Sorry, who is working on this and when is it going back in? perf is a significant feature and Panda is a very common board...
-- Michael
I have been unable to reproduce the boot hang problem after unreverting the interrupt patch. Can those experiencing it please verify they are using the latest released lmc tools to create their SD card? And can you please send me your config file and Pandaboard revision?
It has been suggested that the limited sample count in the given example is consistent with the fact the ARM oprofile code uses HZ as the sampling frequency (even though it uses a separate timer).

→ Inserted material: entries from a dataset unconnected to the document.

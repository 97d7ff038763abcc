-- ===== src/Spock/Desired/Bodies.antt =====
-- Each resource of internal/spock/desired.go depends on resources of a lower rank.
use pgedge_helm.Base.{
  ℕ, ◌<◌, ◌≡◌, refl, Bool, true, false, List, [], ◌∷◌, elem, ◌==◌, ==_refl, All, arith,
}
use pgedge_helm.Base.Text.{Text, text_key}
use pgedge_helm.Config.{Node}
use pgedge_helm.Resource.{Identifier}
use pgedge_helm.Spock.Names.{pair_id, spock_sub_name}
use pgedge_helm.Spock.Types.{
  Conn, Address, ident, resource_type_wait_for_sync_event, resource_type_replication_origin_advance,
}
use pgedge_helm.Spock.User.{new_pgedge_user}
use pgedge_helm.Spock.SpockNode.{new_spock_node}
use pgedge_helm.Spock.ReplicationSlot.{new_replication_slot}
use pgedge_helm.Spock.Subscription.{new_subscription}
use pgedge_helm.Spock.ReplicationSlotCreate.{new_replication_slot_create}
use pgedge_helm.Spock.DisabledSubscription.{new_disabled_subscription}
use pgedge_helm.Spock.SyncEvent.{new_sync_event}
use pgedge_helm.Spock.WaitForSyncEvent.{new_wait_for_sync_event}
use pgedge_helm.Spock.PeerCatchup.{new_peer_catchup}
use pgedge_helm.Spock.LagTracker.{new_lag_tracker_commit_timestamp}
use pgedge_helm.Spock.SlotAdvance.{new_replication_slot_advance_from_cts}
use pgedge_helm.Spock.OriginAdvance.{new_replication_origin_advance}
use pgedge_helm.Spock.Object.{
  Body, user, node, slot, subscription, slot_create, disabled_subscription, sync_event,
  wait_for_sync_event, peer_catchup, lag_tracker, slot_advance, origin_advance, body_identifier,
  body_dependencies,
}
use pgedge_helm.Spock.Desired.Rank.{
  IsUnambiguous, sub_rank, rank, sub_rank_min, sub_rank_filling, sub_rank_old, pair_id_peer,
}

module _ (names : List Text) (n s : Text) where
  abbrev pub rk : Identifier → ℕ
  rk = rank names n s

  abbrev pub IsLow : Body → Type 0
  IsLow body = All (λ d. rk d < rk (body_identifier body)) (body_dependencies body)

  pub user-IsLow : (x : Node) (db u : Text) (c : Conn) → IsLow (user (new_pgedge_user x db u c))
  unfolding body_dependencies
  user-IsLow x db u c = tt

  pub node-IsLow : (x : Node) (db u : Text) (c : Conn) → IsLow (node (new_spock_node x db u c))
  unfolding body_dependencies body_identifier rank new_spock_node
  node-IsLow x db u c = omega arith

  pub slot-IsLow : (p q db : Text) (c : Conn) → IsLow (slot (new_replication_slot p q db c))
  unfolding body_dependencies body_identifier rank new_replication_slot
  slot-IsLow p q db c = omega arith

  pub slot_create-IsLow :
      (p q db : Text) (c : Conn) → IsLow (slot_create (new_replication_slot_create p q db c))
  unfolding body_dependencies body_identifier rank new_replication_slot_create
  slot_create-IsLow p q db c = omega arith

  pub disabled_subscription-IsLow :
      (x y : Node) (db u : Text) (c : Conn)
      → IsLow (disabled_subscription (new_disabled_subscription x y db u c))
  unfolding body_dependencies body_identifier rank new_disabled_subscription
  disabled_subscription-IsLow x y db u c = omega arith

  -- A subscription ranks above what all subscriptions need, and by its own rank above the rest.
  pub subscription-IsLow :
      (x y : Node) (db u : Text) (sync : Bool) (c : Conn) (extra : List Identifier)
      → All (λ d. rk d < sub_rank names n s (spock_sub_name x.name y.name)) extra
      → IsLow (subscription (new_subscription x y db u sync c extra))
  unfolding body_dependencies body_identifier rank new_subscription
  subscription-IsLow x y db u sync c extra h =
      let floor = sub_rank_min names n s (spock_sub_name x.name y.name) in
      (omega (arith, floor), (omega (arith, floor), (omega (arith, floor), h)))

  module _ (h : IsUnambiguous names) (n_in : elem n names ≡ true) (s_in : elem s names ≡ true)
      (ne : (s == n) ≡ false) where
    pub peer_event-IsLow :
        (p db : Text) (c : Conn)
        → elem p names ≡ true
        → (p == n) ≡ false
        → IsLow (
            sync_event (
              new_sync_event p s c
                (body_identifier (slot_create (new_replication_slot_create p n db c)) ∷ [])))
    unfolding body_dependencies body_identifier rank new_sync_event new_replication_slot_create
    peer_event-IsLow p db c p_in other =
        let same = pair_id_peer names n s h n_in s_in ne p p_in in
        let low = sub_rank_old names n s h n_in s_in ne p s p_in s_in other ne in
        rw (same, low) (omega arith)

    pub peer_wait-IsLow :
        (p : Text) (a : Address) (c : Conn)
        → elem p names ≡ true
        → IsLow (wait_for_sync_event (new_wait_for_sync_event p s a c))
    unfolding body_dependencies body_identifier rank new_wait_for_sync_event
    peer_wait-IsLow p a c p_in =
        let same = pair_id_peer names n s h n_in s_in ne p p_in in rw same (omega arith)

    pub peer_catchup-IsLow :
        (p : Text) (a : Address) (c : Conn)
        → elem p names ≡ true
        → IsLow (peer_catchup (new_peer_catchup p s a c))
    unfolding body_dependencies body_identifier rank new_peer_catchup
    peer_catchup-IsLow p a c p_in =
        let same = pair_id_peer names n s h n_in s_in ne p p_in in rw same (omega arith)

    -- What the filling subscription waits for ranks below it.
    pub gates_low :
        (p : Text) (a : Address) (c : Conn)
        → elem p names ≡ true
        → (rk (body_identifier (wait_for_sync_event (new_wait_for_sync_event p s a c))) < 6)
          × (rk (body_identifier (peer_catchup (new_peer_catchup p s a c))) < 6)
    unfolding body_identifier rank new_peer_catchup new_wait_for_sync_event
    gates_low p a c p_in =
        let same = pair_id_peer names n s h n_in s_in ne p p_in in rw same (omega arith)

  pub lag_tracker-IsLow :
      (p : Text) (c : Conn)
      → IsLow (
          lag_tracker (
            new_lag_tracker_commit_timestamp p n c
              (ident resource_type_wait_for_sync_event (pair_id s n) ∷ [])))
  unfolding body_dependencies body_identifier rank new_lag_tracker_commit_timestamp
  lag_tracker-IsLow p c = rw (==_refl (pair_id s n)) (omega arith)

  pub slot_advance-IsLow :
      (p q db : Text) (a : Address) (c : Conn)
      → IsLow (slot_advance (new_replication_slot_advance_from_cts p q db a c))
  unfolding body_dependencies body_identifier rank new_replication_slot_advance_from_cts
  slot_advance-IsLow p q db a c = omega arith

  pub origin_advance-IsLow :
      (p q db : Text) (a : Address) (c : Conn)
      → IsLow (origin_advance (new_replication_origin_advance p q db a c))
  unfolding body_dependencies body_identifier rank new_replication_origin_advance
  origin_advance-IsLow p q db a c = omega arith

  pub source_event-IsLow : (c : Conn) → IsLow (sync_event (new_sync_event s n c []))
  unfolding body_dependencies body_identifier rank new_sync_event
  source_event-IsLow c = rw (==_refl (pair_id s n)) (rw (sub_rank_filling names n s) (omega arith))

  pub source_wait-IsLow :
      (a : Address) (c : Conn) → IsLow (wait_for_sync_event (new_wait_for_sync_event s n a c))
  unfolding body_dependencies body_identifier rank new_wait_for_sync_event
  source_wait-IsLow a c = rw (==_refl (pair_id s n)) (omega arith)

  pub rank_source_wait : rk (ident resource_type_wait_for_sync_event (pair_id s n)) ≡ 8
  unfolding rank
  rank_source_wait = rw (==_refl (pair_id s n))

  pub rank_origin : (id : Text) → rk (ident resource_type_replication_origin_advance id) ≡ 11
  unfolding rank
  rank_origin id = refl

I'm not yet familiar with the x86 code for setting the profiling interval on the fly but Frederic Turgis's suggesting of doing the same thing on ARM makes a whole lot of sense. We should make this a new requirement.
Once the interrupt issue is resolved I might suggest sampling cpu-cycles as a workaround to real-time sampling granularity, except that there apparently is an issue with reliably getting interrupts from the PMU. Does anyone know if this is still a problem in the A9 (I've only seen it discussed regarding the A8)? If it's still an issue I think it simply kills using PMU event counters with oprofile.
We need to do a little work to make configuring hardware events counters into the kernel easier. A recent change means that you need to set at least a couple independent config options for this. This should be simple to fix.
-dl
Once the interrupt issue is resolved I might suggest sampling cpu-cycles as a workaround to real-time sampling granularity, except that there apparently is an issue with reliably getting interrupts from the PMU. Does anyone know if this is still a problem in the A9 (I've only seen it discussed regarding the A8)? If it's still an issue I think it simply kills using PMU event counters with oprofile.
We just had an intern who experienced the same on A9, it required minimum 3 counters counting same event to get at least 1 interrupt on counter overflow :-( I put in the loop Cyril, who was mentoring him, to confirm but it is probably still in A9 errata list.
Regards Fred
Texas Instruments France SA, 821 Avenue Jack Kilby, 06270 Villeneuve Loubet. 036 420 040 R.C.S Antibes. Capital de EUR 753.920
I don't think that the A9 issue is the same as the A8. However, effects are the same i.e. it's hard to use PMU.
I cannot communicate the A9 errata document as-is due to legal stuff but I belive that I can explain the issue. The issue happens when counters are in overflow (then not sure that this impacts OProfile). Theoritically, an interrupt should fire in this case. In reality, this interrupt is lost randomly. The ARM proposed workaround is to use 2 counters: counter 0 and counter1 initialized at counter0+1. If one interrupt is lost, the other one should fire just after. We have noticed that this could not be sufficient and that a third counter should be used to have close to 0% of the interrupts lost.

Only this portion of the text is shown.